Zur richtigen Zeit am richtigen Ort - Tolle Fotos!
Seit ich auf dem Land lebe, habe ich langsam auch eine andere Einstellung zum Fressen und gefressen werden entwickelt, auch "Fleischfresser" wollen halt leben.

Was nicht heißt, dass ich es super finde, wenn der __ Reiher meine Fische frißt - aber die sind ja auch sozusagen meine Haustiere. 

Aber ich weiß, dass das Risiko besteht und da der Reiher auch nur etwas zum Fressen will - muß ich halt aufpassen.

Ich weiß, das der niedliche Igel in meinem Garten, Blindschleichen zu seinen Lieblingsspeisen zählt und auch das niedliche Eichhörnchen und das Mauswiesel die Nester der Vögel plündert.
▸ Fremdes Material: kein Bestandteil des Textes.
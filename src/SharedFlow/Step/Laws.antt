-- ===== src/SharedFlow/Step/Laws.antt =====
-- A step moves the session file as the session's own operations say, or not at all.
use kiss_bdk.SharedFlow.Step.Acting.{handle-Stays, visit_signer-Stays}
use kiss_bdk.Shared.Session.Steps.{pass}
use kiss_bdk.Shared.Input.{is_empty}
use kiss_bdk.SharedFlow.Run.{Saved, Links, World, answered, wallet, channel, lift, file, ◌>>◌}
use kiss_bdk.SharedFlow.Start.{Terms, is_broadcast, load}
use kiss_bdk.SharedFlow.Step.{
  visit_signer, listen, handle, step_message, receive_batch, step_ready, get_waited, set_waited,
  is_theirs, is_empty, broadcast_tx, step_sign, step_active, step_session, step_next, step_outbox,
  step, send_all, send, step_inbox, next_in_inbox,
}
use kiss_bdk.SharedFlow.Step.Moves.{
  Acts, unmoved, arrived, acted, Stays, Lands, >>=-Lands, >>=-Stays, answered-Stays, save-Lands,
  lift-Stays, confirmed-Stays, signed, broadcast, IsAnswered, sent, Moves, >>-Lands,
}
use kiss_bdk.Psbt.{Psbt}
use kiss_bdk.Bitcoin.{Bitcoin}
use kiss_bdk.Sp.Address.{AddressText}
use kiss_bdk.Shared.Message.{Message}
use kiss_bdk.Shared.Wire.{Wire}
use kiss_bdk.Shared.Session.{Session, request, ready, my_turn}
use kiss_bdk.Shared.Session.Steps.{finalize_session, finish}
use kiss_bdk.Common.{
  true, false, if◌then◌else◌, [], ℕ, Bytes, Option, none, some, ok, get_elem?, ◌≡◌, refl, subst,
  inl, inr, Bool-cases, ◌&&◌, not, true, List, Bool, sym, ◌∷◌, ◌+◌, ◌%◌, ◌^◌, ◌∙◌,
}

module _ {O : Type 0} (links : Links O) (b : Bitcoin) (w : Wire) (text : AddressText)
    (updater : Psbt → Option Psbt) where
  module _ (from_str : Bytes → Option Message) (me : Bytes) (terms : Option Terms) where
    step_message-Lands :
        (saved : Saved) (next : ℕ) (found : Option Bytes) (world : World O)
        → world.saved ≡ saved
        → get_elem? saved.inbox next ≡ found
        → Lands links b w text updater from_str me terms saved
            (step_message links b w text updater from_str me terms saved next found world)
    step_message-Lands saved next none world e h = e
    step_message-Lands saved next (some line) world e h =
        >>=-Lands links b w text updater from_str me terms
          (Acts links b w text updater from_str me terms line saved) saved
          (handle links b w text updater from_str me terms saved line) _ world
          (handle-Stays links b w text updater from_str me terms line saved world e)
          (λ handled after e' acts.
            save-Lands links b w text updater from_str me terms saved _ after e'
              (acted next h acts))

    listen-Lands :
        (saved : Saved) (world : World O)
        → world.saved ≡ saved
        → Lands links b w text updater from_str me terms saved (listen links saved world)
    unfolding listen receive_batch
    listen-Lands saved world e =
        >>=-Lands links b w text updater from_str me terms
          (λ batch. (links.receive world.outside).0 ≡ some batch) saved _ _ world
          (answered-Stays channel saved world (links.receive world.outside) e)
          (λ batch after e' got. elim (Bool-cases (is_empty batch)) [
            | inl none_new ↦ rw (none_new, e') unmoved
            | inr some_new ↦ rw some_new (
                save-Lands links b w text updater from_str me terms saved _ after e'
                  (arrived batch world.outside got))
          ])

    step_ready-Lands :
        (saved : Saved) (s : Session) (world : World O)
        → world.saved ≡ saved
        → saved.session ≡ some s
        → Lands links b w text updater from_str me terms saved
            (step_ready links b w text updater from_str me terms saved s world)
    unfolding step_ready broadcast_tx
    step_ready-Lands saved s world e held =
        >>=-Lands links b w text updater from_str me terms (λ _. Unit {0}) saved (get_waited links)
          _ world (e, tt)
          (λ spent after e' _. elim (Bool-cases (is_theirs s.newest && not spent)) [
            | inl wait ↦ rw wait (
                >>-Lands links b w text updater from_str me terms (Unit {0}) saved
                  (set_waited links) (listen links saved) after (e', tt)
                  (λ last e'' _. listen-Lands saved last e''))
            | inr go ↦ rw go (
                >>=-Lands links b w text updater from_str me terms
                  (λ tx. finalize_session b w s ≡ ok tx) saved (lift (finalize_session b w s)) _
                  after (lift-Stays saved (finalize_session b w s) after e')
                  (λ tx w₁ e₁ f.
                    >>-Lands links b w text updater from_str me terms
                      ((links.broadcast_tx tx w₁.outside).0 ≡ true) saved (broadcast_tx links tx) _
                      w₁ (confirmed-Stays wallet saved w₁ (links.broadcast_tx tx w₁.outside) e₁)
                      (λ w₂ e₂ taken.
                        >>=-Lands links b w text updater from_str me terms
                          (λ t. finish b w s (b.compute_txid tx) ≡ ok t) saved
                          (lift (finish b w s (b.compute_txid tx))) _ w₂
                          (lift-Stays saved (finish b w s (b.compute_txid tx)) w₂ e₂)
                          (λ t w₃ e₃ h.
                            save-Lands links b w text updater from_str me terms saved _ w₃ e₃
                              (broadcast s t tx w₁.outside held f taken h)))))
          ])

    step_sign-Lands :
        (attempts : ℕ) (saved : Saved) (s : Session) (world : World O)
        → world.saved ≡ saved
        → saved.session ≡ some s
        → Lands links b w text updater from_str me terms saved
            (step_sign links b w text updater from_str me terms attempts saved s world)
    unfolding step_sign
    step_sign-Lands attempts saved s world e held =
        >>=-Lands links b w text updater from_str me terms (λ asked. request w s ≡ ok asked) saved
          (lift (request w s)) _ world (lift-Stays saved (request w s) world e)
          (λ asked w₁ e₁ r.
            >>=-Lands links b w text updater from_str me terms (λ p. pass b w s ≡ ok p) saved
              (lift (pass b w s)) _ w₁ (lift-Stays saved (pass b w s) w₁ e₁)
              (λ next w₂ e₂ _.
                >>=-Lands links b w text updater from_str me terms
                  (λ t. IsAnswered links b w s asked t) saved
                  (visit_signer links b w text updater attempts s asked
                    (record { session = s.session; number = (s.visits + 1) % 2 ^ 32; pass = next }))
                  _ w₂ (visit_signer-Stays links b w text updater attempts s asked _ saved w₂ e₂)
                  (λ t w₃ e₃ answered_step.
                    save-Lands links b w text updater from_str me terms saved _ w₃ e₃
                      (signed s t asked held r answered_step))))

    step_active-Lands :
        (attempts : ℕ) (saved : Saved) (s : Session) (world : World O)
        → world.saved ≡ saved
        → saved.session ≡ some s
        → Lands links b w text updater from_str me terms saved
            (step_active links b w text updater from_str me terms attempts saved s world)
    unfolding step_active
    step_active-Lands attempts saved s world e held =
        >>=-Lands links b w text updater from_str me terms (λ r. ready w s ≡ ok r) saved
          (lift (ready w s)) _ world (lift-Stays saved (ready w s) world e)
          (λ is_ready w₁ e₁ _. elim (Bool-cases is_ready) [
            | inl yes_ready ↦ rw yes_ready (step_ready-Lands saved s w₁ e₁ held)
            | inr not_ready ↦ rw not_ready (
                >>=-Lands links b w text updater from_str me terms (λ t. my_turn w s ≡ ok t) saved
                  (lift (my_turn w s)) _ w₁ (lift-Stays saved (my_turn w s) w₁ e₁)
                  (λ turn w₂ e₂ _. elim (Bool-cases turn) [
                    | inl mine_now ↦ rw mine_now (step_sign-Lands attempts saved s w₂ e₂ held)
                    | inr not_now ↦ rw not_now (listen-Lands saved w₂ e₂)
                  ]))
          ])

    step_session-Lands :
        (attempts : ℕ) (saved : Saved) (held : Option Session) (world : World O)
        → world.saved ≡ saved
        → saved.session ≡ held
        → Lands links b w text updater from_str me terms saved
            (step_session links b w text updater from_str me terms attempts saved held world)
    step_session-Lands attempts saved none world e h = listen-Lands saved world e
    step_session-Lands attempts saved (some s) world e h =
        elim (Bool-cases (is_broadcast s.stage)) [
          | inl over ↦
              rw over (subst (Moves links b w text updater from_str me terms saved) (sym e) unmoved)
          | inr active_still ↦ rw active_still (step_active-Lands attempts saved s world e h)
        ]

    step_next-Lands :
        (attempts : ℕ) (saved : Saved) (world : World O)
        → world.saved ≡ saved
        → Lands links b w text updater from_str me terms saved
            (step_next links b w text updater from_str me terms attempts saved world)
    unfolding step_next step_inbox
    step_next-Lands attempts saved world e = elim (Bool-cases (is_empty saved.inbox)) [
      | inl none_left ↦ rw none_left (step_session-Lands attempts saved saved.session world e refl)
      | inr some_left ↦ rw some_left (
          step_message-Lands saved (next_in_inbox from_str saved)
            (get_elem? saved.inbox (next_in_inbox from_str saved)) world e refl)
    ]

    send_all-Stays :
        (messages : List Bytes) (before : Saved) (world : World O)
        → world.saved ≡ before
        → Stays (λ _. Unit {0}) before (send_all links messages world)
    unfolding send_all send ◌>>◌
    send_all-Stays [] before world e = (e, tt)
    send_all-Stays (message ∷ messages) before world e =
        >>=-Stays (λ _. (links.send message world.outside).0 ≡ true) (λ _. Unit {0}) before
          (send links message) _ world
          (confirmed-Stays channel before world (links.send message world.outside) e)
          (λ _ after e' _. send_all-Stays messages before after e')

    step_outbox-Lands :
        (attempts : ℕ) (saved : Saved) (held : Option Session) (world : World O)
        → world.saved ≡ saved
        → saved.session ≡ held
        → Lands links b w text updater from_str me terms saved
            (step_outbox links b w text updater from_str me terms attempts saved held world)
    step_outbox-Lands attempts saved none world e h = step_next-Lands attempts saved world e
    step_outbox-Lands attempts saved (some s) world e h = elim (Bool-cases (is_empty s.outbox)) [
      | inl nothing_owed ↦ rw nothing_owed (step_next-Lands attempts saved world e)
      | inr owed ↦ rw owed (
          >>-Lands links b w text updater from_str me terms (Unit {0}) saved
            (send_all links s.outbox) _ world (send_all-Stays s.outbox saved world e)
            (λ after e' _.
              save-Lands links b w text updater from_str me terms saved _ after e' (sent s h)))
    ]

    -- Whatever the channel, the wallet, the signer and the disk answer: a step that fails leaves the
    -- session file as it was, and a step that does not fail makes at most one of these changes to it:
    -- it clears the outbox; it adds to the inbox what the channel handed over; it replaces the session
    -- by what an answer that the signer gave to its request makes of it; it replaces the session by the
    -- finished one, after the wallet took the finalized transaction; or it takes one message out of the
    -- inbox. That message the session has received, if there is one. If there is none, the message is
    -- dropped if it is no proposal, or one that does not pass the checks, says other terms than this
    -- wallet insists on or does not join with a half that the wallet gave for it; or it is a proposal
    -- that passes and says those terms, and the session is now the one that joins it with such a half.
    -- A text that is no message is dropped.
    pub step-Lands :
        (attempts : ℕ) (world : World O)
        → Lands links b w text updater from_str me terms world.saved
            (step links b w text updater from_str me terms attempts world)
    unfolding step load
    step-Lands attempts world =
        >>=-Lands links b w text updater from_str me terms (λ saved. saved ≡ world.saved)
          world.saved (load links) _ world (loaded (links.can_read world.outside))
          (λ saved after e same_saved.
            subst
              (λ before. Lands links b w text updater from_str me terms before (
                step_outbox links b w text updater from_str me terms attempts saved saved.session
                  after))
              same_saved
              (step_outbox-Lands attempts saved saved.session after (e ∙ sym same_saved) refl))
      where
        loaded :
            (answer : Bool × O)
            → Stays
                (λ saved. saved ≡ world.saved)
                world.saved
                (answered file world (if answer.0 then some world.saved else none, answer.1))
        loaded (true, after) = (refl, refl)
        loaded (false, after) = refl
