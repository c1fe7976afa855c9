-- ===== src/Upload/Releases.antt =====
-- main/http_file_upload.c: an upload gives back what it holds if it fails, and only then.
use airu_v2_fw.Base.{
  ℕ, suc, ◌≡◌, ◌≢◌, Bool, true, false, not, ◌&&◌, ◌||◌, List, Option, none, some, if◌then◌else◌,
  arith, refl, Bool-cases, ltb, ◌==◌, length, Option-cases, inl, inr,
}
use airu_v2_fw.Base.Int.{ℤ, pos, negsuc, neg_part}
use airu_v2_fw.Base.Bytes.{c_string}
use airu_v2_fw.Sd.{sd_filename_length}
use airu_v2_fw.Upload.{is_esp_ok, Sizes}
use airu_v2_fw.Upload.Resources.{
  Owned, unused, in_use, given_back, Resources, Answers, release, http_post_cleanup, named,
  allocate_buffers, http_init, http_connect, send_body, given_up, or_give_up, check_response,
  exchange, http_upload_resources, tx_allocated, source_path,
}

abbrev pub is_in_use : Owned → Bool
is_in_use unused = false
is_in_use in_use = true
is_in_use given_back = false

-- After an upload without undefined behaviour: if it succeeded all four resources are in use, and
-- otherwise none is.
unfoldable pub is_settled : Option (ℤ × Resources) → Bool
is_settled none = false
is_settled (some (err, p)) =
    if is_esp_ok err
    then is_in_use p.tx_buf && (is_in_use p.sz_buf && (is_in_use p.sock && is_in_use p.fp))
    else not (is_in_use p.tx_buf || (is_in_use p.sz_buf || (is_in_use p.sock || is_in_use p.fp)))

-- The resources behind each step.
abbrev held : (tx sz sock fp : Owned) (src dst : List ℕ) → ℤ → Resources
held tx sz sock fp src dst size = record {
  tx_buf = tx;
  sz_buf = sz;
  sock = sock;
  fp = fp;
  fn_src = src;
  fn_dst = dst;
  st_size = size;
}

-- A resource that was not given back yet.
abbrev IsFresh : Owned → Type 0
IsFresh o = o ≢ given_back

given_up-is_settled :
    (err : ℤ) (p : Resources)
    → is_esp_ok err ≡ false
    → IsFresh p.tx_buf
    → IsFresh p.sz_buf
    → IsFresh p.sock
    → IsFresh p.fp
    → is_settled (given_up err p) ≡ true
unfolding http_post_cleanup is_settled release
given_up-is_settled err p e t z s f = ground arith

-- The exchange, from buffers that are there.
exchange-is_settled :
    (a : Answers) (src dst : List ℕ) (n : ℕ)
    → n ≢ 0
    → is_settled (exchange a (held in_use in_use unused unused src dst (pos n))) ≡ true
unfolding exchange or_give_up http_connect send_body check_response http_post_cleanup is_settled
    release
exchange-is_settled a src dst n h = ground arith

no_file-is_settled :
    (a : Answers) (old : Sizes) (fn_base : List ℕ)
    → a.stat (c_string (named fn_base).fn_src) ≡ none
    → is_settled (http_upload_resources a old fn_base) ≡ true
unfolding http_upload_resources http_init named http_post_cleanup is_settled release
no_file-is_settled a old fn_base e =
    elim (Bool-cases (ltb sd_filename_length (length (source_path fn_base)))) [
      | inl long ↦ rw long refl
      | inr short ↦ rw (short, e) refl
    ]

-- The rest of the upload, from the result of `http_init`.
abbrev from_init : Answers → ℤ × Resources → Option (ℤ × Resources)
from_init a r = if is_esp_ok r.0 then exchange a r.1 else given_up r.0 r.1

buffers-is_settled :
    (a : Answers) (old : Sizes) (src dst : List ℕ) (n : ℕ)
    → n ≢ 0
    → is_settled
        (from_init a (allocate_buffers a old (held unused unused unused unused src dst (pos n))))
      ≡ true
unfolding allocate_buffers http_post_cleanup is_settled release exchange
buffers-is_settled a old src dst n h = elim (Bool-cases (tx_allocated a old)) [
  | inr no_tx ↦ rw no_tx refl
  | inl tx ↦ elim (Bool-cases a.sz_given) [
    | inl sz ↦ rw (tx, sz) (exchange-is_settled a src dst n h)
    | inr no_sz ↦ rw (tx, no_sz) refl
  ]
]

file-is_settled :
    (a : Answers) (old : Sizes) (fn_base : List ℕ) (n : ℕ)
    → a.stat (c_string (named fn_base).fn_src) ≡ some (pos n)
    → is_settled (http_upload_resources a old fn_base) ≡ true
unfolding http_upload_resources http_init named http_post_cleanup is_settled release
file-is_settled a old fn_base n e =
    elim (Bool-cases (ltb sd_filename_length (length (source_path fn_base)))) [
      | inl long ↦ rw long refl
      | inr short ↦ elim (Bool-cases (n == 0)) [
        | inl empty ↦ rw (short, e, empty) refl
        | inr some_bytes ↦
            rw (short, e, some_bytes)
              (buffers-is_settled a old (named fn_base).fn_src (named fn_base).fn_dst n
                (λ z. ground arith))
      ]
    ]

-- Whatever the libraries answer, but for a negative size of the file, an upload gives no resource back
-- twice. One that fails, at whatever
-- step, holds none of its two buffers, its socket and its file at its end; one that succeeds still
-- holds all four.
pub http_upload_resources-is_settled :
    (a : Answers) (old : Sizes) (fn_base : List ℕ)
    → ((path : List ℕ) (size : ℤ) → a.stat path ≡ some size → neg_part size ≡ 0)
    → is_settled (http_upload_resources a old fn_base) ≡ true
http_upload_resources-is_settled a old fn_base h =
    let path = c_string (named fn_base).fn_src in
    elim (Option-cases (a.stat path)) [
      | inl e ↦ no_file-is_settled a old fn_base e
      | inr (pos n, e) ↦ file-is_settled a old fn_base n e
      | inr (negsuc n, e) ↦ absurd (suc-ne-zero (h path (negsuc n) e))
    ]
  where
    suc-ne-zero : {n : ℕ} → suc n ≡ 0 → ⊥
    suc-ne-zero e = omega arith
Mein Hund verspeist auch gerne mal eine Maus (wenn er sie fängt).

Da unsere Nachbarn Ringelnattern im Garten haben (das ist auf dem Land allerdings schon einige Entfernung), werden die sich sicher über kurz oder lang auch hier einfinden.

Ich denke, ich würde mich darüber genauso freuen wie über die Eule, das Wiesel, den Igel, das Eichhörnchen, die Fledermäuse, die Blindschleichen, die Amphibien, die vielen Vogel und Insektenarten, usw., die unseren Garten bereits bewohnen.

Ich sehe es als besondere Belohnung für meine Mühe, den Garten und den Teich naturnah zu gestalten.

Wie gesagt tolle Fotos!  (wenn auch arme Kröte )

LG Bebel


----------



## ollifrog (11. Juni 2010)

*AW:  Ringelnatter vs. Erdkröte*

Hallo Bebel,

da hast du sehr gute Beispiele aufgeführt!Dieser ganze Kreislauf gehört eben zur Natur...Ich muss zugeben, seit wir vor 3Jahren unseren 1.Ringelnatterbesuch beobachten konnten, bin ich ein richtiger Schlangenfreund geworden...meine Freundin schaut mich schon etwas komisch an, da ich im Garten ankommend mich jedesmal an den Teich schleiche,um solchen Besuch beobachten zu können. Vor der 1.Sichtung haben wir ja noch nie eine Ringelnatter im Garten gehabt,darum bin ich auch ein wenig stolz ihnen diesen Lebensraum geschaffen zu haben. Wenn sie irgendwann verschwinden würden, wäre das sehr schade...


----------



## Digicat (12. Juni 2010)

*AW:  Ringelnatter vs. Erdkröte*

Servus Olli

Danke für deine tolle Doku 

Muß schon ein "schauriges" Schauspiel gewesen sein ......


----------